Cable Reverse Grip Triceps Pushdown (SZ-bar) exercise animation (Hombre)

Cable Reverse Grip Triceps Pushdown (SZ-bar)

Músculo objetivo
Triceps Brachii
Equipamiento
Cable
Parte del cuerpo
Upper Arms
Tipo
Strength

The cable reverse grip triceps pushdown with an SZ-bar isolates the triceps brachii using an underhand (palms-up) grip on a curved SZ-bar attached to a high cable pulley. The constant cable tension and supinated grip emphasize the inner head of the triceps, making it a precise finisher for building upper-arm size and lockout strength.

Cómo hacer el Cable Reverse Grip Triceps Pushdown (SZ-bar)

  1. 1Attach an SZ-bar to a high cable pulley and set the pulley above head height.
  2. 2Grip the angled ends of the SZ-bar with an underhand (palms-up) grip, hands roughly shoulder-width apart.
  3. 3Step back slightly, stand tall with feet hip-width apart, and brace your core with a small forward lean from the hips.
  4. 4Pin your upper arms against your sides so only your forearms move, and start with your elbows bent near 90 degrees.
  5. 5Press the bar down by extending your elbows until your arms are fully straight, squeezing the triceps at the bottom.
  6. 6Pause briefly in the locked-out position without letting your elbows drift forward or your shoulders round.
  7. 7Let the bar rise under control back to the start, keeping tension on the triceps the whole way up.
  8. 8Finish your reps, then guide the bar up to the stack and release it safely.

Consejos de técnica

  • Keep your upper arms locked to your torso; if your elbows travel forward, you shift the work off the triceps.
  • Use a controlled tempo on the way up rather than letting the stack yank the bar back, so tension stays on the muscle.
  • Drive through to a full lockout each rep and hold a short squeeze to maximize triceps recruitment.
  • Keep your wrists neutral and firm on the SZ-bar so the load stays on the triceps, not your forearms.
  • Treat this as an isolation finisher with moderate weight and higher reps; chasing heavy loads breaks the strict form.

Errores comunes

  • Letting the elbows flare forward or away from the body, which turns the move into a partial press and removes tension from the triceps.
  • Leaning back and using bodyweight to drive the bar down, which cheats the rep and reduces direct triceps work.
  • Cutting the range short by not fully extending the elbows, so you miss the lockout where the triceps work hardest.
  • Shrugging or rounding the shoulders to muscle up heavy weight, which strains the shoulders and shifts effort away from the arms.
  • Letting the bar snap back up uncontrolled, which sacrifices the eccentric portion where much of the muscle growth happens.

Preguntas frecuentes

What muscles does the cable reverse grip triceps pushdown work?

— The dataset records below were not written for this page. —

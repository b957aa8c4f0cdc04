-- ===== src/Acl/Longest.antt =====
-- acl/radix_tree.go: search on a tree that networks were added to, against the list of the networks.
use vermouth.Acl.Walk.{child-index, insert-Inserts}
use vermouth.Acl.Leading.{path_same, shift_right}
use vermouth.Acl.Represents.{new-Represents, Represents, put, nothing}
use vermouth.Acl.{
  max_ipv4_bit, search_key, load, net_mask, insert, new_radix_tree, RadixTree, search_from,
}
use vermouth.Acl.Trails.{trail_eq, length-path, index_of, bit_at, Trail, path}
use vermouth.Prelude.{
  ℕ, zero, suc, refl, sym, ap, inl, inr, Bool, none, List, [], arith, Option-cases, Str, str_beq,
  length, All, Go, ret, ◌+◌, ◌-◌, ◌^◌, ◌≤◌, ◌<◌, ◌≡◌, ◌∙◌, ◌&&◌, ◌∷◌, ◌==◌, if◌then◌else◌, ◌>>=◌,
  ◌>>◌, nat_eq, str_eq,
}

-- A network: an address, the number of bits that count, and the value that is kept for it.
pub record Network : Type 0 where
  pub key : ℕ
  pub cidr : ℕ
  pub value : Str

-- A network of 32 bits at most.
pub record IsProper (n : Network) : Type 0 where
  pub bits : n.cidr ≤ 32
  pub narrow : n.key < 2 ^ 32

-- The networks, the newest first, put into a new tree.
abbrev pub insert_all : List Network → Go RadixTree
insert_all [] = ret new_radix_tree
insert_all (n ∷ ns) = insert_all ns >>= λ t. insert t n.key (net_mask n.cidr) n.value

-- Whether the network has l bits, and they are the first l bits of the address.
abbrev pub covers : ℕ → ℕ → Network → Bool
covers l key n = n.cidr == l && shift_right (32 - l) n.key == shift_right (32 - l) key

-- The value of the newest network of l bits that covers the address.
abbrev pub value_of_length : ℕ → ℕ → List Network → Str
value_of_length l key [] = []
value_of_length l key (n ∷ ns) = if covers l key n then n.value else value_of_length l key ns

-- The value of the longest network of at most l bits that covers the address, where the empty value
-- counts as none.
unfoldable pub longest_match : ℕ → ℕ → List Network → Str
longest_match zero key ns = value_of_length 0 key ns
longest_match (suc l) key ns =
    let v = value_of_length (suc l) key ns in if v == [] then longest_match l key ns else v

-- The values that the networks leave at the trails.
abbrev pub value_at : List Network → Trail → Str
value_at [] = nothing
value_at (n ∷ ns) = put (value_at ns) (path n.cidr n.key) n.value

insert_all-Represents :
    (ns : List Network)
    → All IsProper ns
    → (t : RadixTree) × (ps : List Trail) × (insert_all ns ≡ ret t) × Represents t ps (value_at ns)
insert_all-Represents [] h = (new_radix_tree, [] ∷ [], refl, new-Represents)
insert_all-Represents (n ∷ ns) (h, hs) =
    let (t, ps, made, rep) = insert_all-Represents ns hs in
    let (t', qs, ran, after) = insert-Inserts t ps (value_at ns) n.key n.cidr n.value rep h.bits in
    (t', qs, ap (λ m. m >>= λ t. insert t n.key (net_mask n.cidr) n.value) made ∙ ran, after)

-- The last value on k rounds of the way down, from round j on.
last_value : ℕ → ℕ → ℕ → (Trail → Str) → Str → Str
last_value zero j key value v = v
last_value (suc k) j key value v =
    last_value k (suc j) key value (if value (path j key) == [] then v else value (path j key))

last_value-outside :
    (k j key : ℕ) (t : RadixTree) (ps : List Trail) (value : Trail → Str) (v : Str)
    → Represents t ps value
    → index_of ps (path j key) ≡ none
    → last_value k j key value v ≡ v
unfolding last_value path vermouth.Prelude.str_beq
last_value-outside zero j key t ps value v rep e = refl
last_value-outside (suc k) j key t ps value v rep e =
    rw (rep.outside (path j key) e)
      (last_value-outside k (suc j) key t ps value v rep (rep.closed _ (path j key) e))

search_from-ended :
    (fuel : ℕ) (t : RadixTree) (key bit : ℕ) (v : Str) → search_from fuel t key bit none v ≡ ret v
unfolding search_from
search_from-ended zero t key bit v = refl
search_from-ended (suc fuel) t key bit v = refl

search_from-last :
    (k fuel j key : ℕ) (t : RadixTree) (ps : List Trail) (value : Trail → Str) (v : Str)
    → Represents t ps value
    → j + k ≡ 33
    → k ≤ fuel
    → search_from fuel t key (bit_at j) (index_of ps (path j key)) v
      ≡ ret (last_value k j key value v)
unfolding search_from last_value path bit_at
search_from-last zero fuel j key t ps value v rep s f =
    elim (Option-cases (index_of ps (path j key))) [
      | inl gone ↦ rw gone (search_from-ended fuel t key (bit_at j) v)
      | inr (i, there) ↦
          (let low = rep.shallow (path j key) i there in
            let deep = length-path j key in
            absurd (too_deep (length (path j key)) j low deep (omega arith)))
    ]
  where
    too_deep : (l j : ℕ) → l ≤ 32 → l ≡ j → j ≡ 33 → ⊥
    too_deep l j h e f = omega arith
search_from-last (suc k) zero j key t ps value v rep s f = elim f [ ]
search_from-last (suc k) (suc fuel) j key t ps value v rep s f =
    elim (Option-cases (index_of ps (path j key))) [
      | inl gone ↦ rw gone (ap ret (sym (last_value-outside (suc k) j key t ps value v rep gone)))
      | inr (i, there) ↦
          (let x = rep.at (path j key) i there in
            let kid = child-index t ps value (path j key) i x key (bit_at j) in
            let w = if value (path j key) == [] then v else value (path j key) in
            let rest =
              search_from-last k fuel (suc j) key t ps value w rep (omega arith) (omega arith) in
            rw (there, search_from, load, x.stands, x.valued)
              (ap (λ o. search_from fuel t key (bit_at (suc j)) o w) kid ∙ rest))
    ]

value_of_length-worth :
    (l key : ℕ) (ns : List Network)
    → All IsProper ns
    → key < 2 ^ 32
    → l ≤ 32
    → value_at ns (path l key) ≡ value_of_length l key ns
value_of_length-worth l key [] h k le = refl
value_of_length-worth l key (n ∷ ns) (h, hs) k le =
    rw (same, value_of_length-worth l key ns hs k le) refl
  where
    same : (path n.cidr n.key == path l key) ≡ covers l key n
    same = path_same l n.cidr n.key key le h.bits h.narrow k

last_value-longest :
    (k l key : ℕ) (ns : List Network) (value : Trail → Str)
    → ((j : ℕ) → j ≤ 32 → value (path j key) ≡ value_of_length j key ns)
    → l + k ≡ 32
    → last_value k (suc l) key value (longest_match l key ns) ≡ longest_match 32 key ns
unfolding last_value longest_match
last_value-longest zero l key ns value h s = let e : l ≡ 32 = omega arith in rw e refl
last_value-longest (suc k) l key ns value h s =
    rw (h (suc l) (omega arith)) (last_value-longest k (suc l) key ns value h (omega arith))

kept : (x : Str) → (if x == [] then [] else x) ≡ x
unfolding str_beq
kept [] = refl
kept (c ∷ x) = refl

last_value-first :
    (k key : ℕ) (ns : List Network) (value : Trail → Str)
    → ((j : ℕ) → j ≤ 32 → value (path j key) ≡ value_of_length j key ns)
    → k ≡ 32
    → last_value (suc k) 0 key value [] ≡ longest_match 32 key ns
unfolding last_value longest_match
last_value-first k key ns value h s =
    ap (last_value k 1 key value) (kept (value (path 0 key)) ∙ h 0 (omega arith))
    ∙ last_value-longest k 0 key ns value h (omega arith)

pub search_key-Represents :
    (t : RadixTree) (ps : List Trail) (ns : List Network) (key : ℕ)
    → Represents t ps (value_at ns)
    → All IsProper ns
    → key < 2 ^ 32
    → search_key t key ≡ ret (longest_match 32 key ns)
unfolding search_key path bit_at
search_key-Represents t ps ns key rep h k =
    let values : (j : ℕ) → j ≤ 32 → value_at ns (path j key) ≡ value_of_length j key ns =
      λ j le. value_of_length-worth j key ns h k le in
    let found =
      search_from-last 33 (length t.nodes + 33) 0 key t ps (value_at ns) [] rep (omega arith)
        (omega arith) in
    ap (λ o. search_from (length t.nodes + 33) t key max_ipv4_bit o []) (rep.root ∙ sym rep.first)
    ∙ found
    ∙ ap ret (last_value-first 32 key ns (value_at ns) values refl)

-- Whatever networks are put into a new tree, each insert returns, and search of any address then
-- returns the value of the longest of the networks that cover the address: of the one that was put
-- last, where two of this length do, and the empty value where none does. A network that was put with
-- the empty value counts as none.
pub search_key-longest_match :
    (ns : List Network) (key : ℕ)
    → All IsProper ns
    → key < 2 ^ 32
    → (t : RadixTree) × (insert_all ns ≡ ret t) × (search_key t key ≡ ret (longest_match 32 key ns))
search_key-longest_match ns key h k =
    let (t, ps, made, rep) = insert_all-Represents ns h in
    (t, made, search_key-Represents t ps ns key rep h k)
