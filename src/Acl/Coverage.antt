-- ===== src/Acl/Coverage.antt =====
-- acl/radix_tree.go: the addresses that AccessControl forbids after networks were added by Add.
use vermouth.Golib.Strconv.{atoi}
use vermouth.Net.{inet_toi}
use vermouth.Acl.Longest.{IsProper, value_of_length, covers, Network, longest_match}
use vermouth.Golib.Strings.{first, rest, split}
use vermouth.Acl.{second}
use vermouth.Prelude.{
  ℕ, zero, suc, refl, inl, inr, Bool, false, not, some, List, [], arith, leb, nat_beq_iff,
  Bool-cases, Str, str_beq, str_beq_iff, beq_refl, All, ret, pos, ◌≡◌, ◌≢◌, ◌&&◌, ◌||◌, ◌∷◌, ◌==◌,
  nat_eq, str_eq,
}

-- The text of a network, which is also its value: an address, a slash and a number of bits.
pub record IsNetwork (n : Network) : Type 0 where
  pub address : inet_toi (first (split b'/' n.value)) ≡ ret (some n.key)
  pub mask : Str
  pub behind : second (split b'/' n.value) ≡ some mask
  pub number : atoi mask ≡ some (pos n.cidr)
  pub proper : IsProper n

pub IsNetwork-value : (n : Network) → IsNetwork n → n.value ≢ []
unfolding second split rest
IsNetwork-value n h e = let none_behind = rw e at h.behind in cc

-- Whether some network of the list covers the address.
abbrev pub is_covered : ℕ → List Network → Bool
is_covered key [] = false
is_covered key (n ∷ ns) = covers n.cidr key n || is_covered key ns

covers-length : (l key : ℕ) (n : Network) → covers l key n ≡ (n.cidr == l && covers n.cidr key n)
covers-length l key n = elim (Bool-cases (n.cidr == l)) [
  | inl same ↦ (let e = (nat_beq_iff n.cidr l).0 same in rw (e, beq_refl l) refl)
  | inr apart ↦ rw apart refl
]

-- Whether a network of l bits, and of l at most, covers the address.
abbrev has_length : ℕ → ℕ → List Network → Bool
has_length l key [] = false
has_length l key (n ∷ ns) = covers l key n || has_length l key ns

unfoldable pub covered_up_to : ℕ → ℕ → List Network → Bool
covered_up_to zero key ns = has_length 0 key ns
covered_up_to (suc l) key ns = has_length (suc l) key ns || covered_up_to l key ns

covered_up_to-nil : (l key : ℕ) → covered_up_to l key [] ≡ false
unfolding covered_up_to
covered_up_to-nil zero key = refl
covered_up_to-nil (suc l) key = covered_up_to-nil l key

covered_up_to-cons :
    (l key : ℕ) (n : Network) (ns : List Network)
    → covered_up_to l key (n ∷ ns) ≡ (leb n.cidr l && covers n.cidr key n || covered_up_to l key ns)
unfolding covered_up_to
covered_up_to-cons zero key n ns = rw (covers-length 0 key n) (ground arith)
covered_up_to-cons (suc l) key n ns =
    rw (covers-length (suc l) key n, covered_up_to-cons l key n ns) (ground arith)

pub covered_up_to-all :
    (key : ℕ) (ns : List Network) → All IsNetwork ns → covered_up_to 32 key ns ≡ is_covered key ns
covered_up_to-all key [] h = covered_up_to-nil 32 key
covered_up_to-all key (n ∷ ns) (h, hs) =
    rw (covered_up_to-cons 32 key n ns, covered_up_to-all key ns hs)
      (let le = h.proper.bits in ground arith)

value_of_length-empty :
    (l key : ℕ) (ns : List Network)
    → All IsNetwork ns
    → (value_of_length l key ns == []) ≡ not (has_length l key ns)
unfolding str_beq
value_of_length-empty l key [] h = refl
value_of_length-empty l key (n ∷ ns) (h, hs) =
    let filled = IsNetwork-value n h in
    ground (arith, value_of_length-empty l key ns hs, str_beq_iff n.value [])

pub longest_match-empty :
    (l key : ℕ) (ns : List Network)
    → All IsNetwork ns
    → (longest_match l key ns == []) ≡ not (covered_up_to l key ns)
unfolding longest_match str_beq covered_up_to
longest_match-empty zero key ns h = value_of_length-empty 0 key ns h
longest_match-empty (suc l) key ns h =
    ground (arith, value_of_length-empty (suc l) key ns h, longest_match-empty l key ns h)
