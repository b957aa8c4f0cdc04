-- ===== src/Acl/Delete.antt =====
-- acl/radix_tree.go: Delete, which gives nodes to the free list.
use vermouth.Prelude.{
  ℕ, zero, suc, Bool, true, false, not, Option, none, some, Str, Go, ret, block, ◌/◌, ◌||◌, ◌==◌,
  if◌then◌else◌, ◌>>=◌, nat_eq, str_eq,
}
use vermouth.Golib.Strings.{split, first}
use vermouth.Golib.Strconv.{atoi}
use vermouth.Net.{inet_toi}
use vermouth.Prelude.Map
use vermouth.Acl.{
  RadixTree, RadixNode, Ptr, AclError, invalid_ip_address, invalid_net_mask, cant_find_ip_net, load,
  update, set_value, no_value, max_ipv4_bit, bit_set, child, cidr_of, second, net_mask,
}

-- The first loop of delete.
unfoldable pub locate : ℕ → RadixTree → ℕ → ℕ → ℕ → Ptr → Go Ptr
unfolding load
locate fuel t key mask bit none = ret none
locate zero t key mask bit (some p) = block
locate (suc fuel) t key mask bit (some p) =
    if bit_set bit mask
    then (do n ← load t (some p); locate fuel t key mask (bit / 2) (child key bit n))
    else ret (some p)

abbrev pub ptr_beq : Ptr → Ptr → Bool
ptr_beq none none = true
ptr_beq none (some q) = false
ptr_beq (some p) none = false
ptr_beq (some p) (some q) = p == q

abbrev unlink : Ptr → RadixNode → RadixNode
unlink node n = if ptr_beq n.right node then record n { right = none } else record n { left = none }

abbrev is_nil : Ptr → Bool
is_nil none = true
is_nil (some p) = false

abbrev has_child : RadixNode → Bool
has_child n = not (is_nil n.right) || not (is_nil n.left)

-- The last loop of delete: the leaf goes to the free list, and so do its ancestors while they have
-- no child, no value and a parent.
unfoldable pub prune : ℕ → RadixTree → Ptr → Go RadixTree
unfolding load update
prune zero _ _ = block
prune (suc fuel) t node = do
  n ← load t node
  t1 ← update t n.parent (unlink node)
  t2 ← update t1 node (λ m. record m { right = t1.free })
  let t3 : RadixTree = record t2 { free = node }
  up ← load t3 n.parent
  if has_child up || not (up.value == no_value) || is_nil up.parent
      then ret t3
      else prune fuel t3 n.parent

-- delete: whether the network was there
unfoldable pub delete : RadixTree → ℕ → ℕ → Go (Bool × RadixTree)
unfolding locate prune load update
delete t key mask = do
  node ← locate 33 t key mask max_ipv4_bit t.root
  elim node [
    | none ↦ ret (false, t)
    | some p ↦ do
      n ← load t (some p)
      if has_child n
          then (if n.value == no_value
              then ret (false, t)
              else (update t (some p) (set_value no_value) >>= λ t'. ret (true, t')))
          else (prune 33 t (some p) >>= λ t'. ret (true, t'))
  ]

-- Delete
unfoldable pub delete_net : RadixTree → Str → Go (Option AclError × RadixTree)
unfolding delete net_mask
delete_net t ip_net = do
  ip ← inet_toi (first (split b'/' ip_net))
  elim ip [
    | none ↦ ret (some invalid_ip_address, t)
    | some key ↦ elim (second (split b'/' ip_net)) [
      | none ↦ ret (some invalid_ip_address, t)
      | some mask ↦ elim (atoi mask) [
        | none ↦ ret (some invalid_net_mask, t)
        | some z ↦ elim (cidr_of z) [
          | none ↦ ret (some invalid_net_mask, t)
          | some cidr ↦ do
            (gone, t') ← delete t key (net_mask cidr)
            if gone
                then ret (none, record t' { entries = Map.remove t'.entries ip_net })
                else ret (some cant_find_ip_net, t')
        ]
      ]
    ]
  ]
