-- ===== src/Net/Laws.antt =====
-- utils/net.go: the addresses at which InetToi returns and panics.
use vermouth.Prelude.{
  ℕ, suc, bit_or, refl, inl, inr, Option, none, some, List, [], arith, Option-cases, Str, all,
  length, All, ret, panic, ℤ, pos, negsuc, ◌≤◌, ◌<◌, ◌≡◌, ◌∷◌, nat_eq, str_eq,
}
use vermouth.Golib.Strconv.{atoi}
use vermouth.Golib.Strings.{split}
use vermouth.Prelude.Int.{◌-ℤ◌, shl_u32}
use vermouth.Net.{inet_from, inet_toi}

abbrev pub IsNumeric : Str → Type 0
IsNumeric s = (n : ℤ) × (atoi s ≡ some n)

-- With at most n parts left, the loop returns.
abbrev Short : ℤ → ℕ → Type 0
Short at n =
    (acc : ℕ) (parts : List Str)
    → length parts ≤ n
    → (o : Option ℕ) × (inet_from acc at parts ≡ ret o)

Short-suc : (k n : ℕ) → Short (pos k -ℤ pos 8) n → Short (pos k) (suc n)
unfolding inet_from
Short-suc k n rest acc [] h = (some acc, refl)
Short-suc k n rest acc (p ∷ parts) h = elim (Option-cases (atoi p)) [
  | inl not_numeric ↦ (none, rw (not_numeric, inet_from) refl)
  | inr (x, numeric) ↦
      let (o, e) = rest (bit_or acc (shl_u32 x k)) parts (omega arith) in
      (o, rw (numeric, inet_from) e)
]

Short-zero : (at : ℤ) → Short at 0
unfolding inet_from
Short-zero at acc [] h = (some acc, refl)
Short-zero at acc (p ∷ parts) h = absurd (omega arith)

-- With more than n numeric parts left, the loop panics.
abbrev Long : ℤ → ℕ → Type 0
Long at n =
    (acc : ℕ) (parts : List Str)
    → All IsNumeric parts
    → n < length parts
    → inet_from acc at parts ≡ panic

Long-suc : (k n : ℕ) → Long (pos k -ℤ pos 8) n → Long (pos k) (suc n)
unfolding inet_from
Long-suc k n rest acc [] all h = absurd (omega arith)
Long-suc k n rest acc (p ∷ parts) ((x, numeric), all) h =
    rw (numeric, inet_from) (rest _ parts all (omega arith))

Long-zero : (k : ℕ) → Long (negsuc k) 0
unfolding inet_from
Long-zero k acc [] all h = absurd (omega arith)
Long-zero k acc (p ∷ parts) ((x, numeric), all) h = rw (numeric, inet_from) refl

-- InetToi of a text of at most four parts returns a number or an error.
pub inet_toi-ret : (s : Str) → length (split b'.' s) ≤ 4 → (o : Option ℕ) × (inet_toi s ≡ ret o)
unfolding inet_toi ◌-ℤ◌
inet_toi-ret s =
    Short-suc 24 3 (Short-suc 16 2 (Short-suc 8 1 (Short-suc 0 0 (Short-zero _)))) 0 (split b'.' s)

-- InetToi of a text of more than four parts that are all numbers panics.
pub inet_toi-panic :
    (s : Str) → All IsNumeric (split b'.' s) → 4 < length (split b'.' s) → inet_toi s ≡ panic
unfolding inet_toi ◌-ℤ◌
inet_toi-panic s =
    Long-suc 24 3 (Long-suc 16 2 (Long-suc 8 1 (Long-suc 0 0 (Long-zero 7)))) 0 (split b'.' s)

It isolates the triceps brachii, the muscle on the back of your upper arm. The underhand grip places extra emphasis on the inner (medial) head of the triceps.

Why use a reverse (underhand) grip instead of a standard pushdown?

The supinated, palms-up grip keeps your wrists in a position that biases the inner head of the triceps and can feel easier on the elbows than a straight-bar overhand pushdown.

What is a good alternative to the cable reverse grip triceps pushdown?

Try a standard overhand cable pushdown with a straight or rope attachment for a similar isolation feel, or use a rope pushdown to spread the load across all three heads of the triceps.

How many sets and reps should I do?

Since this is a triceps isolation move, 3 to 4 sets of 10 to 15 reps with moderate weight and strict form works well, usually placed toward the end of an arm or pushing workout.

Is the cable reverse grip triceps pushdown good for beginners?

Yes. The cable provides constant, controlled tension and the movement is easy to learn, making it a safe way for beginners to isolate the triceps without a spotter.